# Will Uber ever fix the iOS app Bluetooth issues?



## JuanMoreTime (Jan 25, 2015)

There have been countless updates to the Uber Partner app since I switched from a Nexus device to an iPhone 6s in October, and every time I eagerly turn it on hoping that they fixed the bug that pauses whatever music app I'm using any time you do anything at all in the Partner app when connected via Bluetooth. They never fix the bug. I've opened support tickets, I've updated Sync in my Ford (even though I know it has nothing to do with it, since Lyft works flawlessly), all to no avail. I haven't even received an explanation for why it does this, or if it's intentional.

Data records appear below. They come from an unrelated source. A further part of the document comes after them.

-- ===== src/Connections.antt =====
-- The connections to devices (netops-backend/utils/connection_manager.py,
-- netops-backend/utils/device_connection_manager.py).
pub mod Manager
pub mod Devices
pub mod Examples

Am I really the only one who connects their phone via Bluetooth when they're driving and wants to hear pings and music simultaneously? Is this bug only on my specific phone?


----------



## JuanMoreTime (Jan 25, 2015)

I have tried other streaming apps as well. It happens with Google Play Music, Spotify, Slacker, Apple Music, etc.. I haven't tried it in a different vehicle, however.


----------



## walthtz (Feb 6, 2016)

JuanMoreTime said:


> There have been countless updates to the Uber Partner app since I switched from a Nexus device to an iPhone 6s in October, and every time I eagerly turn it on hoping that they fixed the bug that pauses whatever music app I'm using any time you do anything at all in the Partner app when connected via Bluetooth. They never fix the bug. I've opened support tickets, I've updated Sync in my Ford (even though I know it has nothing to do with it, since Lyft works flawlessly), all to no avail. I haven't even received an explanation for why it does this, or if it's intentional.
> 
> Am I really the only one who connects their phone via Bluetooth when they're driving and wants to hear pings and music simultaneously? Is this bug only on my specific phone?


My Car has Bluetooth built in. So My phone answers thru the speakers in the car. In the Waze app there is an option to turn that off. I have it it turned off so that I can get my directions via the phone. My Phone is in a mount that attaches to my dashboard & it in front of me so I never have to look down & it is close enough to me that I can utilize the phone if need be. I have & use the Iphone 6Plus.


----------



## JuanMoreTime (Jan 25, 2015)

walthtz said:


> My Car has Bluetooth built in. So My phone answers thru the speakers in the car. In the Waze app there is an option to turn that off. I have it it turned off so that I can get my directions via the phone. My Phone is in a mount that attaches to my dashboard & it in front of me so I never have to look down & it is close enough to me that I can utilize the phone if need be. I have & use the Iphone 6Plus.


But does the Uber Partner app stop music when you're streaming via Bluetooth? My other problem is that when I receive a call, I have to manually switch from my phones speaker to Bluetooth. Outgoing calls work fine.


----------



## JuanMoreTime (Jan 25, 2015)

It seems that my post and your reply have little or nothing in common


----------



## JuanMoreTime (Jan 25, 2015)

Actually, it's not a Bluetooth bug at all! I just tested the app using the physical line in and a USB connection, and it turns off the music app as soon as the Partner app loads regardless. Will the sloppy coders at Uber ever figure this out? There's been well over a dozen updates, and every single one has this issue. It bugs me enough that I very rarely drive Uber anymore.


----------



## walthtz (Feb 6, 2016)

JuanMoreTime said:


> But does the Uber Partner app stop music when you're streaming via Bluetooth? My other problem is that when I receive a call, I have to manually switch from my phones speaker to Bluetooth. Outgoing calls work fine.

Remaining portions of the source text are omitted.